**EXERCISE DIRECTIONS**
Your answer should be an exact copy of the lines from the start of the entries to the line containing "pub data SlotStatus : Type 0 where", both included.

+++ SUPPLIED RECORDS +++

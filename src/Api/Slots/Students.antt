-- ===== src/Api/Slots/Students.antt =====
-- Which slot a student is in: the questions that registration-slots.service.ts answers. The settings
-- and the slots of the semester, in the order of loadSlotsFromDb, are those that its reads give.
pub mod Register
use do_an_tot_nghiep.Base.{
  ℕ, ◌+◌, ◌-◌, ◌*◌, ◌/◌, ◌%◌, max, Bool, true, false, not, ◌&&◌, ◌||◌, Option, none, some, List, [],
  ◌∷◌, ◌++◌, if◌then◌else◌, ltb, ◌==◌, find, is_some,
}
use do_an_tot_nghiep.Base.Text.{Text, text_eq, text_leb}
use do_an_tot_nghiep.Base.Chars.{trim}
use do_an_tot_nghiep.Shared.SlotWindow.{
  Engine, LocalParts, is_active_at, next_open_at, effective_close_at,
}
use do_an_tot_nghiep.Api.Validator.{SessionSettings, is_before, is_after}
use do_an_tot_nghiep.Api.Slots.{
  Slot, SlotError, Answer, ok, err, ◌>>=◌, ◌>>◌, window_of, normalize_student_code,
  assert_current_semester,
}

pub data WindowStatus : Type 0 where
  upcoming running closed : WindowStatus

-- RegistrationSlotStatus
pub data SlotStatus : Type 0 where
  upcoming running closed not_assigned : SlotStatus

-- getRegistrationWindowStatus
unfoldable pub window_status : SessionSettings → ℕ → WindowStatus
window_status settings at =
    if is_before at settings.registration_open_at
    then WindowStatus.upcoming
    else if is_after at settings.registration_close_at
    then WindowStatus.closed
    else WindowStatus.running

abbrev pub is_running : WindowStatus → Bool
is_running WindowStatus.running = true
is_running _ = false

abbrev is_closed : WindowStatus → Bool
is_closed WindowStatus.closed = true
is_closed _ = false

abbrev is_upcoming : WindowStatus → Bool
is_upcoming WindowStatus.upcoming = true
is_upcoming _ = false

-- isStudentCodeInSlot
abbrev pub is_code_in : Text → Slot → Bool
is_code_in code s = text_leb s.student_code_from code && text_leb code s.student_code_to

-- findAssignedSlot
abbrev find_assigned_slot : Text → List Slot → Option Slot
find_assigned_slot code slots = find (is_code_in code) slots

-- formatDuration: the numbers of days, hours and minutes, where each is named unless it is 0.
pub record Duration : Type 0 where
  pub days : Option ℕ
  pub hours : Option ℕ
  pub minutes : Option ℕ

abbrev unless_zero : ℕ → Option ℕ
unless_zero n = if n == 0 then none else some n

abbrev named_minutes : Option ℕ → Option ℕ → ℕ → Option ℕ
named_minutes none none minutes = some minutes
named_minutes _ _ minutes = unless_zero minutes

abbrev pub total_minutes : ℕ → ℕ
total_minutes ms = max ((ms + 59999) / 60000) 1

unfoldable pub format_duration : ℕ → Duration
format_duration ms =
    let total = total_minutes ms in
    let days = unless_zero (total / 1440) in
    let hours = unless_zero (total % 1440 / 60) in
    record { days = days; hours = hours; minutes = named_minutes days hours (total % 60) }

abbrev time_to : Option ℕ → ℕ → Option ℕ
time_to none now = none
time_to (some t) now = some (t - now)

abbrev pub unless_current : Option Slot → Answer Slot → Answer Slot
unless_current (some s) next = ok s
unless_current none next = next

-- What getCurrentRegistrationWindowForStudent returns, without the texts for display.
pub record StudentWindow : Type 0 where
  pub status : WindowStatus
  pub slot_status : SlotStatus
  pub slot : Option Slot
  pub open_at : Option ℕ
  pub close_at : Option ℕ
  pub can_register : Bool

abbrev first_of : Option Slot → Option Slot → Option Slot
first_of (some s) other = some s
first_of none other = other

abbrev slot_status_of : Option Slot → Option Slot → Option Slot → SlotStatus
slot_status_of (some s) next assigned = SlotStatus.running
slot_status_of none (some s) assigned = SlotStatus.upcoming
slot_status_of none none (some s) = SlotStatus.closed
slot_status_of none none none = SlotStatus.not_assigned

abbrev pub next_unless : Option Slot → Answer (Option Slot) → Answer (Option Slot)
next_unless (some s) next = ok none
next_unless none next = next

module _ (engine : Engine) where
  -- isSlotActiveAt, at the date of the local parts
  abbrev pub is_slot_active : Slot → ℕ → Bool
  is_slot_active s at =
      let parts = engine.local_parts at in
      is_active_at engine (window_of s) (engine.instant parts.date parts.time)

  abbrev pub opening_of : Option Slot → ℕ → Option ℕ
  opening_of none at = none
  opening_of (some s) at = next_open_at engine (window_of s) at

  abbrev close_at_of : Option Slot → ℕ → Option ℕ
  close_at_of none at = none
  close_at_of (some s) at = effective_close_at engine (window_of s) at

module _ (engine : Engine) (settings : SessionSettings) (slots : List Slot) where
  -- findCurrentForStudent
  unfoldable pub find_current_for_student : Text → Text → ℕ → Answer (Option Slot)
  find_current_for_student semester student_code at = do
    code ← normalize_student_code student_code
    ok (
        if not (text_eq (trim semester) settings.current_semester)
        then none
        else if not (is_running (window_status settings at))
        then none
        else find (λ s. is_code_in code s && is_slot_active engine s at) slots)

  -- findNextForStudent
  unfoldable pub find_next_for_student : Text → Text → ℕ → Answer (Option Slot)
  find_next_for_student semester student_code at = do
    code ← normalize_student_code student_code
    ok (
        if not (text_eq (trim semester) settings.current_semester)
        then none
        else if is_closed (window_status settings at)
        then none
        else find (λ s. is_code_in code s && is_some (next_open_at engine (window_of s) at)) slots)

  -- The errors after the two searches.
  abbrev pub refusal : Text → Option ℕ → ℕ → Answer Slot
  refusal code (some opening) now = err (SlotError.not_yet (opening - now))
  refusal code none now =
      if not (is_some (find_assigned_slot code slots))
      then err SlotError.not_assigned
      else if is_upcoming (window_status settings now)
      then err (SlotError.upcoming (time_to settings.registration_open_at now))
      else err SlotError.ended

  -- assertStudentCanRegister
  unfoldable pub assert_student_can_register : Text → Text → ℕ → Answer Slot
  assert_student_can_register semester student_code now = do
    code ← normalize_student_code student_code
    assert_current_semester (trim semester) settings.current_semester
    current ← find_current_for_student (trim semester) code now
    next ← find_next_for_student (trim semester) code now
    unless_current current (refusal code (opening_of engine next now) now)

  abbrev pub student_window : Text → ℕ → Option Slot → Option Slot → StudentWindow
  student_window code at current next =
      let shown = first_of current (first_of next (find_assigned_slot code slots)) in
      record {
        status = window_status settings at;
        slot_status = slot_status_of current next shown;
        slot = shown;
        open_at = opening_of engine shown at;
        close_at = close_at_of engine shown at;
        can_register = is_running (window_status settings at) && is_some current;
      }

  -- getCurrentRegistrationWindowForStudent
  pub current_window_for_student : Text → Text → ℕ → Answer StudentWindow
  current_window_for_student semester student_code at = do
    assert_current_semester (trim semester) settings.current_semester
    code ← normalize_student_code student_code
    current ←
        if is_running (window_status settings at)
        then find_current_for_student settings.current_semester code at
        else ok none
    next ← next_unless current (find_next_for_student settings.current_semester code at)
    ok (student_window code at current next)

+++

**YOUR SOLUTION**
filename src/Api/Slots/Students.antt
-- ===== src/Api/Slots/Students.antt =====
-- Which slot a student is in: the questions that registration-slots.service.ts answers. The settings
-- and the slots of the semester, in the order of loadSlotsFromDb, are those that its reads give.
pub mod Register
use do_an_tot_nghiep.Base.{
  ℕ, ◌+◌, ◌-◌, ◌*◌, ◌/◌, ◌%◌, max, Bool, true, false, not, ◌&&◌, ◌||◌, Option, none, some, List, [],
  ◌∷◌, ◌++◌, if◌then◌else◌, ltb, ◌==◌, find, is_some,
}
use do_an_tot_nghiep.Base.Text.{Text, text_eq, text_leb}
use do_an_tot_nghiep.Base.Chars.{trim}
use do_an_tot_nghiep.Shared.SlotWindow.{
  Engine, LocalParts, is_active_at, next_open_at, effective_close_at,
}
use do_an_tot_nghiep.Api.Validator.{SessionSettings, is_before, is_after}
use do_an_tot_nghiep.Api.Slots.{
  Slot, SlotError, Answer, ok, err, ◌>>=◌, ◌>>◌, window_of, normalize_student_code,
  assert_current_semester,
}

pub data WindowStatus : Type 0 where
  upcoming running closed : WindowStatus

-- RegistrationSlotStatus
pub data SlotStatus : Type 0 where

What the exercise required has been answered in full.